С тех пор Остужев стал моим кумиром. Я не была из тех поклонниц, которые ждут своего обожаемого у выхода после спектакля, требуя автограф и осыпая цветами. Нет, я поклонялась молча, даже не мечтая увидеть его в жизни. Но все его фотографии во всех ролях старалась приобрести у Сахарова и Орлова. Была такая фотография, или, как теперь бы сказали, фотоателье. Помещалась она на углу нынешней улицы Пушкина и проезда Художественного театра, а потом переехала на Кузнецкий мост. Оба компаньона фотографировали только артистов. Они были хорошие фотографы и истинные театралы. Музеи театров многим обязаны им. Они запечатлели на веки уникальные постановки и уникальных актеров МХАТ, Малого и Большого театров. Висящий в нашем музее мой портрет в роли Софьи в «Горе от ума» — тоже работа Сахарова и Орлова. И я всегда с благодарностью вспоминаю их.

Многие фотографии Остужева пропали, но те, которые у меня остались, очень хороши, и я храню их, как святыню.

Вспоминается мне и то, как играл Остужев в пьесе Н. Григорьева-Истомина «Сестры Кедровы». Замечательный был спектакль. Для меня, конечно, на первом месте был в нем Остужев. Роль вообще выписана неважно, но очарование и обаяние Остужева, его голос и темперамент преодолевали слабость роли и завораживали всех.

Не могу забыть Остужева в пьесе Сумбатова «Измена». Он, как всегда, играл Эрекле темпераментно, порывисто, обаятельно.
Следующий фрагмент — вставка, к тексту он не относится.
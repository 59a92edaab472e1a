-- ===== src/Config/State/RepoOps.antt =====
-- `add_repo`, on success.
use jj_mesh.Prelude.{
  is_ok, ok, AllEntries, insert-AllEntries, BTreeMap, get, contains_key, insert, Sorted, get-insert,
  insert-Sorted, eqb_refl, Ord, nat_ord, bool_ord, pair_ord, list_ord, option_ord, reverse_ord, ltb,
  is_some, length, ℕ, ◌≤◌, ◌<◌, ◌≡◌, refl, ◌≢◌, true, false, ◌||◌, none, some, arith,
}
use jj_mesh.Config.Error.{Kind}
use jj_mesh.Config.Name.{Text, validate_name}
use jj_mesh.Config.RepoId.{RepoId, Repo}
use jj_mesh.Config.Membership.Register.{max_mesh_repos, max_record_version, bumped_version}
use jj_mesh.Config.Membership.Versions.{bumped_version-lt}
use jj_mesh.Config.Membership.Peers.{peer_register}
use jj_mesh.Config.Membership.Repos.{repo_id, repo_register, MeshRepoStatus, MeshRepo}
use jj_mesh.Config.Machine.{text_eq_sound}
use jj_mesh.Config.Claims.{WorkspaceClaims, claims_register}
use jj_mesh.Config.State.Defs.{find_path, repo_name, mesh_repo_id, MeshState}
use jj_mesh.Config.State.Ops.{ensure_mesh_id, add_repo}
use jj_mesh.Config.State.Loops.{valid_repo}
use jj_mesh.Config.State.WellFormed.{IsRegistered, length-insert_capped, IsWellFormed}
use jj_mesh.Config.State.Repos.{KeepsRepos}

IsRegistered-insert :
    (name : Text) (r : Repo) (repos : BTreeMap Text Repo) (m : MeshRepo)
    (mesh : BTreeMap Text MeshRepo)
    → IsRegistered repos mesh
    → is_some (repo_id m) ≡ true
    → IsRegistered (insert name r repos) (insert name m mesh)
IsRegistered-insert name r repos m mesh reg live other here =
    ground (arith, get-insert other name r repos, get-insert other name m mesh, reg other)

new_repo_valid :
    (name : Text) (v : ℕ) (st : MeshRepoStatus)
    → is_ok (validate_name Kind.repo name) ≡ true
    → v < max_record_version
    → valid_repo name (record { version = v; status = st }) ≡ true
new_repo_valid name v st valid h = ground arith

module _ {E : Type 0} ⦃oe : Ord E⦄ where
  abbrev pub with_repos :
      MeshState E → BTreeMap Text Repo → BTreeMap Text MeshRepo → WorkspaceClaims → MeshState E
  with_repos s repos mesh claims' = record s { repos = repos; mesh_repos = mesh; claims = claims' }

  pub with_repos-IsWellFormed :
      (local : E) (s : MeshState E) (repos : BTreeMap Text Repo) (mesh : BTreeMap Text MeshRepo)
      (claims' : WorkspaceClaims)
      → IsWellFormed local s
      → KeepsRepos (with_repos s repos mesh claims')
      → Sorted mesh
      → AllEntries valid_repo mesh
      → length mesh ≤ max_mesh_repos
      → IsWellFormed local (with_repos s repos mesh claims')
  with_repos-IsWellFormed local s repos mesh claims' w k ms mv mc = record {
    name_valid = w.name_valid;
    machine_version = w.machine_version;
    peers_sorted = w.peers_sorted;
    peers_valid = w.peers_valid;
    peers_cap = w.peers_cap;
    repos_sorted = k.repos_sorted;
    registered = k.registered;
    mesh_sorted = ms;
    mesh_valid = mv;
    mesh_cap = mc;
    claims_version = k.claims_version;
    claims_valid = k.claims_valid;
    claims_sorted = k.claims_sorted;
    peer_claims_sorted = w.peer_claims_sorted;
    peer_claims_valid = w.peer_claims_valid;
    peer_claims_cap = w.peer_claims_cap;
  }

  pub add_repo_state :
      (canonical : Text → Text) (s : MeshState E) (name : Text) (r : Repo) {t : MeshState E}
      → add_repo canonical s name r ≡ ok t
      → (v : ℕ) × (bumped_version s.mesh_repos name ≡ ok v)
        × (is_ok (validate_name Kind.repo name) ≡ true)
        × (contains_key name s.repos ≡ false)
        × (find_path (canonical (canonical r.path)) s.repos ≡ none)
        × (repo_name s r.id ≡ none)
        × ((contains_key name s.mesh_repos || ltb (length s.mesh_repos) max_mesh_repos) ≡ true)
        × (is_ok (ensure_mesh_id s name r.id) ≡ true)
        × (t
            ≡ with_repos s
                (insert name (record r { path = canonical r.path }) s.repos)
                (insert name
                  (record { version = v; status = MeshRepoStatus.present r.id })
                  s.mesh_repos)
                s.claims)
  unfolding add_repo
  add_repo_state canonical s name r h = ground arith

  -- Adding a repo keeps the state well-formed.
  pub add_repo-IsWellFormed :
      (canonical : Text → Text) (local : E) (s : MeshState E) (name : Text) (r : Repo)
      {t : MeshState E}
      → IsWellFormed local s
      → add_repo canonical s name r ≡ ok t
      → IsWellFormed local t
  add_repo-IsWellFormed canonical local s name r w h =
      let (v, bumped, valid, fresh, path, id, room, mesh, e) =
        add_repo_state canonical s name r h in
      let m : MeshRepo = record { version = v; status = MeshRepoStatus.present r.id } in
      let r' : Repo = record r { path = canonical r.path } in
      rw e (
        with_repos-IsWellFormed local s (insert name r' s.repos) (insert name m s.mesh_repos)
          s.claims w
          (record {
            repos_sorted = insert-Sorted name r' s.repos w.repos_sorted;
            registered = IsRegistered-insert name r' s.repos m s.mesh_repos w.registered refl;
            claims_version = w.claims_version;
            claims_valid = w.claims_valid;
            claims_sorted = w.claims_sorted;
          })
          (insert-Sorted name m s.mesh_repos w.mesh_sorted)
          (insert-AllEntries valid_repo name m s.mesh_repos
            (new_repo_valid name v m.status valid (bumped_version-lt s.mesh_repos name v bumped))
            w.mesh_valid)
          (length-insert_capped max_mesh_repos name m s.mesh_repos w.mesh_sorted w.mesh_cap room))

  -- An added repo is registered here under its canonical path and in use in the mesh under its id;
  -- the mesh did not know the name under another id, and no other name changed.
  add_repo_lem :
      (canonical : Text → Text) (s : MeshState E) (name : Text) (r : Repo) {t : MeshState E}
      → add_repo canonical s name r ≡ ok t
      → (get name t.repos ≡ some (record r { path = canonical r.path }))
        × (mesh_repo_id t name ≡ some r.id)
        × ((id : RepoId) → mesh_repo_id s name ≡ some id → id ≡ r.id)
        × ((other : Text)
            → other ≢ name
            → (get other t.repos ≡ get other s.repos)
              × (get other t.mesh_repos ≡ get other s.mesh_repos))
        × (t.claims ≡ s.claims)
        × (t.peers ≡ s.peers)
  unfolding ensure_mesh_id
  add_repo_lem canonical s name r h =
      let (v, bumped, valid, fresh, path, id, room, mesh, e) =
        add_repo_state canonical s name r h in
      let m : MeshRepo = record { version = v; status = MeshRepoStatus.present r.id } in
      let r' : Repo = record r { path = canonical r.path } in
      let here = eqb_refl ⦃o = list_ord⦄ name in
      rw e (
        ground (arith, get-insert name name r' s.repos),
        ground (arith, get-insert name name m s.mesh_repos),
        λ old known. ground (arith, text_eq_sound old r.id),
        λ other ne. (
          ground (arith, get-insert other name r' s.repos, text_eq_sound name other),
          ground (arith, get-insert other name m s.mesh_repos, text_eq_sound name other),
        ),
        refl,
        refl,
      )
Когда я впоследствии играла Рукайю, у меня был другой партнер, совсем непохожий на остужев-ского Эрекле. Ну что делать, так случилось.

Как я уже говорила, Чацкий — Остужев был любовник и прежде всего безумно любил Софью. Может быть, потому моя Софья и бросалась за ним, когда он уходил .навсегда. Уж очень было обидно. Мой обожаемый Остужев — Чацкий любил меня, а я — Софья?! Надо же так! Но зато в «Уриэле», играя Юдифь, я отдавала ему всю любовь, таившуюся во мне все эти годы.

Тяжела, мучительна судьба этого замечательного актера. Ему не дали сыграть Гамлета, после нескольких репетиций «Короля Лира» нашли предлог не поставить эту пьесу, не отменили очередной спектакль «Уриэля», когда Остужев временно заболел, и Акосту сыграл другой исполнитель, в точности, как в зеркале, повторив рисунок Остужева. Сыграл точно, да не так, как Остужев. Можно скопировать голос, жесты, даже интонации, но внутреннюю сущность, талант — нет, этого сделать нельзя никогда. Так нанесли ему последний удар. Подумаешь, Остужев—заменили, и все.

Больше Остужев не играл. Слишком глубока была рана. Он приходил в театр, просил сделать ему радионаушники, чтобы слышать все, что говорилось на собраниях, которые он обязательно посещал. Не участвуя в спектаклях, он все время жил жизнью театра.

Помню, в 1952 году в театре шли «Северные зори» Н. Никитина. У меня там была маленькая, восьмиминутная, но очень хорошая сцена. Я играла жену инспектора училища небольшого городка Шенкурска—Абрамову.

Ушла я на генеральной под аплодисменты. Потом я часто исполняла эту сценку и в обычных концертах и в воинских частях. Она всегда имела успех, и я очень ее любила, хотя эти восемь минут стоили мне большого напряжения и. нервов. И вот на другой день после премьеры я, как-всегда, была в местном комитете театра. Вдруг в дверях, появляется Остужев. Подойдя к моему столу, он смущенно протягивает мне розы. Это было совершенно неожиданно, все кругом замолчали. А я так растерялась, что не знала, что сказать, стояла с розами и чуть не плакала. Видя мое состояние, Остужев стал делать успокаивающие жесты и пятиться к двери. Опомнившись, я кинулась к нему. Он уже ничего тогда не слышал. Я стала бормотать какие-то благодарственные слова. И вдруг своим чудным, неповторимым голосом Остужев произнес: «Это было прекрасно!» И, вырвавшись из моих объятий, быстро ушел. Цветы от него и его похвала — как дороги они были для меня, как незабываемы.

Остужев знал, что творилось в театре, знал и... ничего не мог сделать. «Уходил» его Малый театр, уходил совсем. Новые актеры, новые отношения, новый дух, не тот, который он знал, который любил, который был ему дорог. Этот новый Малый был ему чужой. Какую великую трагедию пережил этот замечательный актер, своей болезнью присужденный к вечной тишине, к вечному безмолвию. Он тяжко умирал. С невероятной болью рвались сосуды. И эти муки были на его лице, которое я увидела в первые часы после его страшной кончины.